▶ _ACTION ITEM_: Which of the lines in the data below contain the string "unfolding"? Copy each of them.

[Collected data]
--------------------

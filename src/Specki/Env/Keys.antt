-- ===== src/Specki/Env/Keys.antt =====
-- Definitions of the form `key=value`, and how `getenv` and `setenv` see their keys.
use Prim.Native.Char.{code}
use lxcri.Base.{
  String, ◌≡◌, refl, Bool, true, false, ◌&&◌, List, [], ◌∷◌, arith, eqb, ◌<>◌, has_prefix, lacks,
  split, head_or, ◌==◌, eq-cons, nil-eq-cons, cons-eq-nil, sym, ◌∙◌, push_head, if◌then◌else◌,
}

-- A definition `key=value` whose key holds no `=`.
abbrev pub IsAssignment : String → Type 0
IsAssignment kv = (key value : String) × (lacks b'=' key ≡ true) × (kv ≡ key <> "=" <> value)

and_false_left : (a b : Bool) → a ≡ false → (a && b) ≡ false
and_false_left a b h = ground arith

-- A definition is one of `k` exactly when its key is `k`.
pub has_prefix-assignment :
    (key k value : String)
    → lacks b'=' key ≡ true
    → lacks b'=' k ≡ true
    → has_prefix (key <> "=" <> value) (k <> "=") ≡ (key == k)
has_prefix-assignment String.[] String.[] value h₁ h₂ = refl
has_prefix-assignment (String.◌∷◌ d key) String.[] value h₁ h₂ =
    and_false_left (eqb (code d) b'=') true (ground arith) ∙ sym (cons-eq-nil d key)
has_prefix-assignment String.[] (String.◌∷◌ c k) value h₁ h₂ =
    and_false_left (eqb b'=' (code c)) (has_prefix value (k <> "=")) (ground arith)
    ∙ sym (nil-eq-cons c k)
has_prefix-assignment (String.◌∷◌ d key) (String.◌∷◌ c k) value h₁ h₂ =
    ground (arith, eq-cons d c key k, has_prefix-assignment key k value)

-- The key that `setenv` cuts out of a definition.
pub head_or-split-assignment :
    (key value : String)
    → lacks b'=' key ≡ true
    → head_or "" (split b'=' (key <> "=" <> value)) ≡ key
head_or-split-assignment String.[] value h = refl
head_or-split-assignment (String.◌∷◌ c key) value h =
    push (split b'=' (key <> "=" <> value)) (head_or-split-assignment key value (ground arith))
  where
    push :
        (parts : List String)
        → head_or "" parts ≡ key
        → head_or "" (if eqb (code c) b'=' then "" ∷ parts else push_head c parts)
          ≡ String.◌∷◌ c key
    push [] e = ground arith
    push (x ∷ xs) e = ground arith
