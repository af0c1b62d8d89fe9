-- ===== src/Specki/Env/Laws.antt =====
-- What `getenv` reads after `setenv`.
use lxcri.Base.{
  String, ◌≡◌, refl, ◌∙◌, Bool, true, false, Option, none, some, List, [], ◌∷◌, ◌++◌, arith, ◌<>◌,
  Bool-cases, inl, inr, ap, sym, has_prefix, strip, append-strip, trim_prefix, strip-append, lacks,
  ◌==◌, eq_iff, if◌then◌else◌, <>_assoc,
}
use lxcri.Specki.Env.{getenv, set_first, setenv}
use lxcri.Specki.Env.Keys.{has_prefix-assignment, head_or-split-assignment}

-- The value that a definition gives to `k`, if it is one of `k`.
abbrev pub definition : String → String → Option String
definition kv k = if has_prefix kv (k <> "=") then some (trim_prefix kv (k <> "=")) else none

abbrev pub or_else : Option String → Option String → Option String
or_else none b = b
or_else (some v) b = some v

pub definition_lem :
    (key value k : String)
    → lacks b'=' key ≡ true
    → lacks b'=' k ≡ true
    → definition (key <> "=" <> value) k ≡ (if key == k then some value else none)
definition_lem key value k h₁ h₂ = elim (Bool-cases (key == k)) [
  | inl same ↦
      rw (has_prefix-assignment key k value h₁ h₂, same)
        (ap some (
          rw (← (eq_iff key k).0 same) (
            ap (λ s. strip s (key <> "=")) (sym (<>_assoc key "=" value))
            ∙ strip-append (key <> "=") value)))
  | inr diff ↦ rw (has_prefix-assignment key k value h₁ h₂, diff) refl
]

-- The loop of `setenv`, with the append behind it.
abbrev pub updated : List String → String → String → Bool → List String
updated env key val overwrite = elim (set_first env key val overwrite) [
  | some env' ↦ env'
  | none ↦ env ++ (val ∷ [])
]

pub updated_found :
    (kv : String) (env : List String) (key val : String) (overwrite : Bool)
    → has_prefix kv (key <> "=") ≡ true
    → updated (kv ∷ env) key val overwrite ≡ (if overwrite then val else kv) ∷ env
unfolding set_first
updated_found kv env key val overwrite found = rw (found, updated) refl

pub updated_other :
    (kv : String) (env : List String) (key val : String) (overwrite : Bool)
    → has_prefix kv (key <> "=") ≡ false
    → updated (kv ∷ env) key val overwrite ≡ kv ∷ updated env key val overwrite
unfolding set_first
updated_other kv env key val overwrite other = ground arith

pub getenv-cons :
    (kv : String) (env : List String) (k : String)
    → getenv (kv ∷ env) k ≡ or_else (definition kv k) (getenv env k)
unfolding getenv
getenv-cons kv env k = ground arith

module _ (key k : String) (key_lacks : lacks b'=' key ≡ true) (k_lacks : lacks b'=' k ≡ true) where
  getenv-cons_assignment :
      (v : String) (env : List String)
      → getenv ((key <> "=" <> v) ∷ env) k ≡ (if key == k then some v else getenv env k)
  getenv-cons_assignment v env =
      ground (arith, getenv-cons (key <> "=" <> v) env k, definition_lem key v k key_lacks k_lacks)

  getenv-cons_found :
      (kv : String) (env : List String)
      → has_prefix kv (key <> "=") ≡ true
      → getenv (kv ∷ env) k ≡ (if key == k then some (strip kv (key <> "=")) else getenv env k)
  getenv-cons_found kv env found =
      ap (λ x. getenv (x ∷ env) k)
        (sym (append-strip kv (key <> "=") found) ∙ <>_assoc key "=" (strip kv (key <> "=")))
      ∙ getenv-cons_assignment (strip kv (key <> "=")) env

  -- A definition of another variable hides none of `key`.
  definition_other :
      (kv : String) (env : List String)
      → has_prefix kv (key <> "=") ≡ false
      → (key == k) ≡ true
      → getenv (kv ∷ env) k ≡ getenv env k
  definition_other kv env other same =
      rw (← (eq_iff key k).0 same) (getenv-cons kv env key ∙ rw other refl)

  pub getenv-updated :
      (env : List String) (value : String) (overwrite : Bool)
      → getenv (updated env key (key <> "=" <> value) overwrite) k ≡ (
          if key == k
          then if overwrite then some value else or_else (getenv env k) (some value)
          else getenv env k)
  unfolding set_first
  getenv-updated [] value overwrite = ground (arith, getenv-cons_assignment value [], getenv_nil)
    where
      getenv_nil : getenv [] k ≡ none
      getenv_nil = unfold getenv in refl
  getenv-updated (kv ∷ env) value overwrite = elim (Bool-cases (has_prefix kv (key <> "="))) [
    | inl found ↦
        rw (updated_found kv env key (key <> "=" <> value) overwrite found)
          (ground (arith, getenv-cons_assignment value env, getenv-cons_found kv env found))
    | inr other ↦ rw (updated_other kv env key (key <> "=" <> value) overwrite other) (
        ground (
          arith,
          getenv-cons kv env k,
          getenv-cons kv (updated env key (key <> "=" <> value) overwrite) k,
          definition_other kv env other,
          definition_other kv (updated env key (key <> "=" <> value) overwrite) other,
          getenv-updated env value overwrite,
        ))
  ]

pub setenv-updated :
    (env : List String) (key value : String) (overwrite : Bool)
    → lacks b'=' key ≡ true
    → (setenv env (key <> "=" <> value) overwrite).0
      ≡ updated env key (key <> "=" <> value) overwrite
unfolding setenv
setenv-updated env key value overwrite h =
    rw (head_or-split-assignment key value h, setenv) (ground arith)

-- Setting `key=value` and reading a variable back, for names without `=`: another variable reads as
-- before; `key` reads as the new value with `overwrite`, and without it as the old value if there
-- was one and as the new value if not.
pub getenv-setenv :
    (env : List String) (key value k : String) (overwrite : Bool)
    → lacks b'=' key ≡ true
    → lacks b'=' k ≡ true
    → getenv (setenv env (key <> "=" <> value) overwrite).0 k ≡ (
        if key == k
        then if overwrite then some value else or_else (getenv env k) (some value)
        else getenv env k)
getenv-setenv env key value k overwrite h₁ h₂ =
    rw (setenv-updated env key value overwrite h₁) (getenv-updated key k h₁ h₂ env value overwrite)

--------------------

▶ _REPLY_:
unfolding set_first
unfolding set_first
unfolding getenv
  unfolding set_first
unfolding setenv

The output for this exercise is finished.